After the death of his first wife, Delphine – the old story of accidental electrocution in the bath by a radio – Mark Easterbrook quickly remarried but is not a happy man, already indulging in an affair with one Thomasina Tuckerton. But his life starts to fall apart – not that it’s that good anyway – when he wakes up to find Thomasina dead in his bed, with her hair falling out.
Meanwhile, Jesse Davis, a shopkeeper, is found dead in the street with a list of names on it. Inspector Lejeune soon realises that the names on the list link to people who have recently died, with one primary exception. And why is Mark Easterbrook’s name on the list? All roads lead to the Pale Horse, an old pub home to three witches…
Well, that sounds a bit like the book, doesn’t it?

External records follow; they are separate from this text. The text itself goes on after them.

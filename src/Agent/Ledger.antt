-- ===== src/Agent/Ledger.antt =====
-- agent/run_identity.go: the ledger of run identities, its bounds and reserve. Every function is what its
-- Go namesake does while it holds the lock of the engine.
use spice_agent.Base.{
  ℕ, ◌+◌, Bool, true, false, ◌||◌, ◌&&◌, if◌then◌else◌, ltb, ◌==◌, length, not, List, [], Option,
  none, some, Result, ok, err, Bytes, max_u64, add64, add32, find_key, put_key,
}

abbrev pub maximum_run_identity_entries : ℕ
maximum_run_identity_entries = 1048576

abbrev pub maximum_run_identity_bytes : ℕ
maximum_run_identity_bytes = 268435456

abbrev pub run_identity_entry_bytes : ℕ
run_identity_entry_bytes = 128

pub record RunIdentityLimits : Type 0 where
  pub entries : ℕ
  pub bytes : ℕ

-- Validate of the limits; `false` is an error.
unfoldable pub valid_identity_limits : RunIdentityLimits → Bool
valid_identity_limits limits =
    not (ltb limits.entries 1 || ltb maximum_run_identity_entries limits.entries)
    && not (
        ltb limits.bytes (run_identity_entry_bytes + 1)
        || ltb maximum_run_identity_bytes limits.bytes)

pub record RunIdentityStats : Type 0 where
  pub limits : RunIdentityLimits
  pub reserved : ℕ
  pub active : ℕ
  pub tombstones : ℕ
  pub bytes : ℕ

-- RunIdentityStats.Entries
unfoldable pub entries_of : RunIdentityStats → ℕ
entries_of stats = add32 (add32 stats.reserved stats.active) stats.tombstones

pub data RunIdentityState : Type 0 where
  run_identity_reserved run_identity_active run_identity_tombstone : RunIdentityState

unfoldable pub same_state : RunIdentityState → RunIdentityState → Bool
same_state run_identity_reserved run_identity_reserved = true
same_state run_identity_active run_identity_active = true
same_state run_identity_tombstone run_identity_tombstone = true
same_state _ _ = false

pub record RunIdentityRecord : Type 0 where
  pub token : ℕ
  pub charge : ℕ
  pub state : RunIdentityState

pub record RunIdentityLedger : Type 0 where
  pub limits : RunIdentityLimits
  pub records : List (Bytes × RunIdentityRecord)
  pub next_token : ℕ
  pub bytes : ℕ
  pub reserved : ℕ
  pub active : ℕ
  pub tombstones : ℕ

pub data PreparedExecutionKind : Type 0 where
  prepared_start_kind prepared_resume_kind : PreparedExecutionKind

pub data IdentityResource : Type 0 where
  identity_entries identity_bytes : IdentityResource

-- The errors of the ledger; `capacity` is RunIdentityCapacityError.
pub data IdentityError : Type 0 where
  duplicate_run : PreparedExecutionKind → Bytes → IdentityError
  capacity : IdentityResource → ℕ → ℕ → RunIdentityStats → IdentityError
  token_space_exhausted run_identity_state_invalid : IdentityError

-- newRunIdentityLedger
unfoldable pub new_run_identity_ledger : RunIdentityLimits → RunIdentityLedger
new_run_identity_ledger limits = record {
  limits = limits;
  records = [];
  next_token = 0;
  bytes = 0;
  reserved = 0;
  active = 0;
  tombstones = 0;
}

unfoldable pub stats_of : RunIdentityLedger → RunIdentityStats
stats_of ledger = record {
  limits = ledger.limits;
  reserved = ledger.reserved;
  active = ledger.active;
  tombstones = ledger.tombstones;
  bytes = ledger.bytes;
}

-- The end of reserve, after its tests.
unfoldable pub admit_identity : RunIdentityLedger → Bytes → ℕ → RunIdentityLedger
admit_identity ledger run_id charge =
    let next = add64 ledger.next_token 1 in
    record ledger {
      next_token = next;
      records =
          put_key run_id (record { token = next; charge = charge; state = run_identity_reserved })
            ledger.records;
      bytes = add64 ledger.bytes charge;
      reserved = add32 ledger.reserved 1;
    }

-- reserve, for a run identity that is not there.
unfoldable pub reserve_fresh :
    RunIdentityLedger → Bytes → ℕ → RunIdentityLedger × Result IdentityError ℕ
unfolding admit_identity stats_of entries_of
reserve_fresh ledger run_id charge =
    let stats = stats_of ledger in
    if ltb ledger.limits.entries (add32 (entries_of stats) 1)
    then (
      ledger,
      err (capacity identity_entries ledger.limits.entries (add64 (entries_of stats) 1) stats),
    )
    else if ltb ledger.limits.bytes (add64 ledger.bytes charge)
    then (
      ledger,
      err (capacity identity_bytes ledger.limits.bytes (add64 ledger.bytes charge) stats),
    )
    else if ledger.next_token == max_u64
    then (ledger, err token_space_exhausted)
    else (admit_identity ledger run_id charge, ok (add64 ledger.next_token 1))

unfoldable pub reserve_at :
    RunIdentityLedger
    → Bytes
    → PreparedExecutionKind
    → Option RunIdentityRecord
    → RunIdentityLedger × Result IdentityError ℕ
unfolding reserve_fresh
reserve_at ledger run_id kind (some found) = (ledger, err (duplicate_run kind run_id))
reserve_at ledger run_id kind none =
    reserve_fresh ledger run_id (add64 run_identity_entry_bytes (length run_id))

-- reserve
unfoldable pub reserve_identity :
    RunIdentityLedger → Bytes → PreparedExecutionKind → RunIdentityLedger × Result IdentityError ℕ
unfolding reserve_at
reserve_identity ledger run_id kind = reserve_at ledger run_id kind (find_key run_id ledger.records)
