-- ===== src/Agent/Transitions.antt =====
-- agent/run_identity.go: transition, abort and retire.
use spice_agent.Base.{
  ℕ, Bool, ◌||◌, ◌&&◌, if◌then◌else◌, ◌==◌, not, Option, none, some, Bytes, sub64, add32, sub32,
  find_key, put_key, delete_key,
}
use spice_agent.Agent.Ledger.{
  IdentityError, RunIdentityLedger, RunIdentityRecord, RunIdentityState, run_identity_active,
  run_identity_reserved, run_identity_state_invalid, run_identity_tombstone, same_state,
}

-- The counters that transition takes one from.
unfoldable pub leave_state : RunIdentityState → RunIdentityLedger → RunIdentityLedger
leave_state run_identity_reserved ledger = record ledger { reserved = sub32 ledger.reserved 1 }
leave_state run_identity_active ledger = record ledger { active = sub32 ledger.active 1 }
leave_state run_identity_tombstone ledger = record ledger { tombstones = sub32 ledger.tombstones 1 }

-- The counters that transition adds one to.
unfoldable pub enter_state : RunIdentityState → RunIdentityLedger → RunIdentityLedger
enter_state run_identity_reserved ledger = ledger
enter_state run_identity_active ledger = record ledger { active = add32 ledger.active 1 }
enter_state run_identity_tombstone ledger = record ledger { tombstones = add32 ledger.tombstones 1 }

-- The guard that transition, abort and retire share: the record of this generation, in this state.
unfoldable pub holds_record : ℕ → RunIdentityState → RunIdentityRecord → Bool
unfolding same_state
holds_record token from record' =
    not (not (record'.token == token) || not (same_state record'.state from))

unfoldable pub transition_found :
    RunIdentityLedger
    → Bytes
    → ℕ
    → RunIdentityState
    → RunIdentityState
    → RunIdentityRecord
    → RunIdentityLedger × Option IdentityError
unfolding holds_record leave_state enter_state same_state
transition_found ledger run_id token from to found =
    if not (holds_record token from found)
    then (ledger, some run_identity_state_invalid)
    else if not (same_state to run_identity_active) && not (same_state to run_identity_tombstone)
    then (ledger, some run_identity_state_invalid)
    else let counted = enter_state to (leave_state from ledger) in
      (
        record counted { records = put_key run_id (record found { state = to }) ledger.records },
        none,
      )

unfoldable pub transition_at :
    RunIdentityLedger
    → Bytes
    → ℕ
    → RunIdentityState
    → RunIdentityState
    → Option RunIdentityRecord
    → RunIdentityLedger × Option IdentityError
unfolding transition_found
transition_at ledger run_id token from to none = (ledger, some run_identity_state_invalid)
transition_at ledger run_id token from to (some found) =
    transition_found ledger run_id token from to found

-- transition
unfoldable pub transition :
    RunIdentityLedger
    → Bytes
    → ℕ
    → RunIdentityState
    → RunIdentityState
    → RunIdentityLedger × Option IdentityError
unfolding transition_at
transition ledger run_id token from to =
    transition_at ledger run_id token from to (find_key run_id ledger.records)

-- What abort and retire do, for a record in the state `from`.
unfoldable pub remove_found :
    RunIdentityLedger
    → Bytes
    → ℕ
    → RunIdentityState
    → RunIdentityRecord
    → RunIdentityLedger × Option IdentityError
unfolding holds_record leave_state
remove_found ledger run_id token from found =
    if not (holds_record token from found)
    then (ledger, some run_identity_state_invalid)
    else let counted = leave_state from ledger in
      (
        record counted {
          records = delete_key run_id ledger.records;
          bytes = sub64 ledger.bytes found.charge;
        },
        none,
      )

unfoldable pub remove_at :
    RunIdentityLedger
    → Bytes
    → ℕ
    → RunIdentityState
    → Option RunIdentityRecord
    → RunIdentityLedger × Option IdentityError
unfolding remove_found
remove_at ledger run_id token from none = (ledger, some run_identity_state_invalid)
remove_at ledger run_id token from (some found) = remove_found ledger run_id token from found

unfoldable pub remove_identity :
    RunIdentityLedger → Bytes → ℕ → RunIdentityState → RunIdentityLedger × Option IdentityError
unfolding remove_at
remove_identity ledger run_id token from =
    remove_at ledger run_id token from (find_key run_id ledger.records)

-- abort
unfoldable pub abort_identity :
    RunIdentityLedger → Bytes → ℕ → RunIdentityLedger × Option IdentityError
unfolding remove_identity
abort_identity ledger run_id token = remove_identity ledger run_id token run_identity_reserved

-- retire
unfoldable pub retire_identity :
    RunIdentityLedger → Bytes → ℕ → RunIdentityLedger × Option IdentityError
unfolding remove_identity
retire_identity ledger run_id token = remove_identity ledger run_id token run_identity_tombstone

Yes, Easterbrook is more directly involved in the set-up than in the original, which makes sense dramatically, giving him more of a personal stake in matter, and he seems to have acquired two extra wives. One other primary difference is the use of what Christie used as a clue, as, instead, an indication that someone’s life is in danger – to be honest, I thought this worked pretty well, given that the number of people who will recognise the murder method from this.

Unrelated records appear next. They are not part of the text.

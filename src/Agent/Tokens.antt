-- ===== src/Agent/Tokens.antt =====
-- agent/run_identity.go: each token of the ledger goes to one run.
use spice_agent.Base.{
  ℕ, suc, ◌≤◌, ◌≡◌, ◌⊎◌, inl, inr, sym, ap, subst, ◌∙◌, List, some, arith, Bytes, find_key, put_key,
  delete_key, HasDistinctKeys, find-put_cases, find-delete_some,
}
use spice_agent.Agent.Ledger.{RunIdentityRecord}

-- The tokens of the records have been issued, each to one run.
pub record UsesTokens (m : List (Bytes × RunIdentityRecord)) (next : ℕ) : Type 0 where
  pub issued : (k : Bytes) (r : RunIdentityRecord) → find_key k m ≡ some r → r.token ≤ next
  pub one_run :
      (j k : Bytes) (r s : RunIdentityRecord)
      → find_key j m ≡ some r
      → find_key k m ≡ some s
      → r.token ≡ s.token
      → j ≡ k

module _ (m : List (Bytes × RunIdentityRecord)) (n : ℕ) (u : UsesTokens m n) (k : Bytes) where
  pub put_same-UsesTokens :
      (old new : RunIdentityRecord)
      → find_key k m ≡ some old
      → new.token ≡ old.token
      → UsesTokens (put_key k new m) n
  put_same-UsesTokens old new f same = record {
    issued = λ j r h. issued_by j r (find-put_cases j k new r m h);
    one_run = λ i j r s h h'.
        one_of i j r s (find-put_cases i k new r m h) (find-put_cases j k new s m h');
  }
    where
      issued_by :
          (j : Bytes) (r : RunIdentityRecord)
          → ((j ≡ k) × (r ≡ new)) ⊎ (find_key j m ≡ some r)
          → r.token ≤ n
      issued_by j r (inl (p, q)) =
          subst (λ x. x ≤ n) (sym (ap (λ x. x.token) q ∙ same)) (u.issued k old f)
      issued_by j r (inr h) = u.issued j r h

      one_of :
          (i j : Bytes) (r s : RunIdentityRecord)
          → ((i ≡ k) × (r ≡ new)) ⊎ (find_key i m ≡ some r)
          → ((j ≡ k) × (s ≡ new)) ⊎ (find_key j m ≡ some s)
          → r.token ≡ s.token
          → i ≡ j
      one_of i j r s (inl (p, q)) (inl (p', q')) t = p ∙ sym p'
      one_of i j r s (inl (p, q)) (inr h) t =
          p ∙ u.one_run k j old s f h (sym same ∙ sym (ap (λ x. x.token) q) ∙ t)
      one_of i j r s (inr h) (inl (p, q)) t =
          u.one_run i k r old h f (t ∙ ap (λ x. x.token) q ∙ same) ∙ sym p
      one_of i j r s (inr h) (inr h') t = u.one_run i j r s h h' t

  pub put_fresh-UsesTokens :
      (new : RunIdentityRecord) → new.token ≡ suc n → UsesTokens (put_key k new m) (suc n)
  put_fresh-UsesTokens new fresh = record {
    issued = λ j r h. issued_by j r (find-put_cases j k new r m h);
    one_run = λ i j r s h h'.
        one_of i j r s (find-put_cases i k new r m h) (find-put_cases j k new s m h');
  }
    where
      issued_by :
          (j : Bytes) (r : RunIdentityRecord)
          → ((j ≡ k) × (r ≡ new)) ⊎ (find_key j m ≡ some r)
          → r.token ≤ suc n
      issued_by j r (inl (p, q)) = omega (arith, ap (λ x. x.token) q ∙ fresh)
      issued_by j r (inr h) = omega (arith, u.issued j r h)

      one_of :
          (i j : Bytes) (r s : RunIdentityRecord)
          → ((i ≡ k) × (r ≡ new)) ⊎ (find_key i m ≡ some r)
          → ((j ≡ k) × (s ≡ new)) ⊎ (find_key j m ≡ some s)
          → r.token ≡ s.token
          → i ≡ j
      one_of i j r s (inl (p, q)) (inl (p', q')) t = p ∙ sym p'
      one_of i j r s (inl (p, q)) (inr h) t =
          absurd (omega (arith, ap (λ x. x.token) q, fresh, u.issued j s h, t))
      one_of i j r s (inr h) (inl (p, q)) t =
          absurd (omega (arith, ap (λ x. x.token) q, fresh, u.issued i r h, t))
      one_of i j r s (inr h) (inr h') t = u.one_run i j r s h h' t

  pub delete-UsesTokens : HasDistinctKeys m → UsesTokens (delete_key k m) n
  delete-UsesTokens d = record {
    issued = λ j r h. u.issued j r (find-delete_some j k r m d h).1;
    one_run = λ i j r s h h'.
        u.one_run i j r s (find-delete_some i k r m d h).1 (find-delete_some j k s m d h').1;
  }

Other differences include a different reason to include Osborne, the chemist – he’s on the list of names as well as Easterbrook – but the first episode ticks along nicely enough. Cast-wise, Rufus Sewell does a reasonable job as Easterbrook, making the most of a small number of facial expressions – as I said, it’s a reasonable job, but he’s done much better work, in my opinion. Bertie Carvell makes the most of Osborne, and Sean Pertwee is good as Lejeune, the police officer, but Hermia is left as something of a cipher and the rest of the cast don’t really get much chance to shine, even the three witches. So by the end of the episode, there have been a few deviations from the book, but they make sense…
… and then along came episode two. In which we discover that Easterbrook is a much different character than we thought he was. A character that we are supposed to be identifying with suddenly, when he meets the witches, is revealed to be someone that we have no sympathy with whatever. Things pick up as the confrontation with the murderer – unchanged from the book – is very effective, mostly due to the performance from the actor in question, but then… excuse the profanity, but what the fudge? I’ll be honest, I was expecting a whiff of a certain John Dickson Carr book, but the ending here made no sense and was dramatically incoherent in my book – and that undermined the whole thing. Oh, and not including the only other suspect in the second episode did undermine the mystery. There’s an attempt to make a character who Christie basically ignored into a suspect, but it becomes clear she isn’t involved far too early – in fact her arc is rather odd, looking like it’s going somewhere, with implications of mental health issues, and then it just gets derailed.
Overall, it started promisingly, with understandable deviations, but by halfway through episode two, it had just fallen apart. Although, to be fair, there isn’t two hours of plot in the book, which is somewhat padded in the first place, but once again from these BBC adaptations, the alterations do nothing to add to the original story and end up taking a lot away from it. A missed opportunity.
Just read the book instead – it’s not perfect, but it’s far better than this.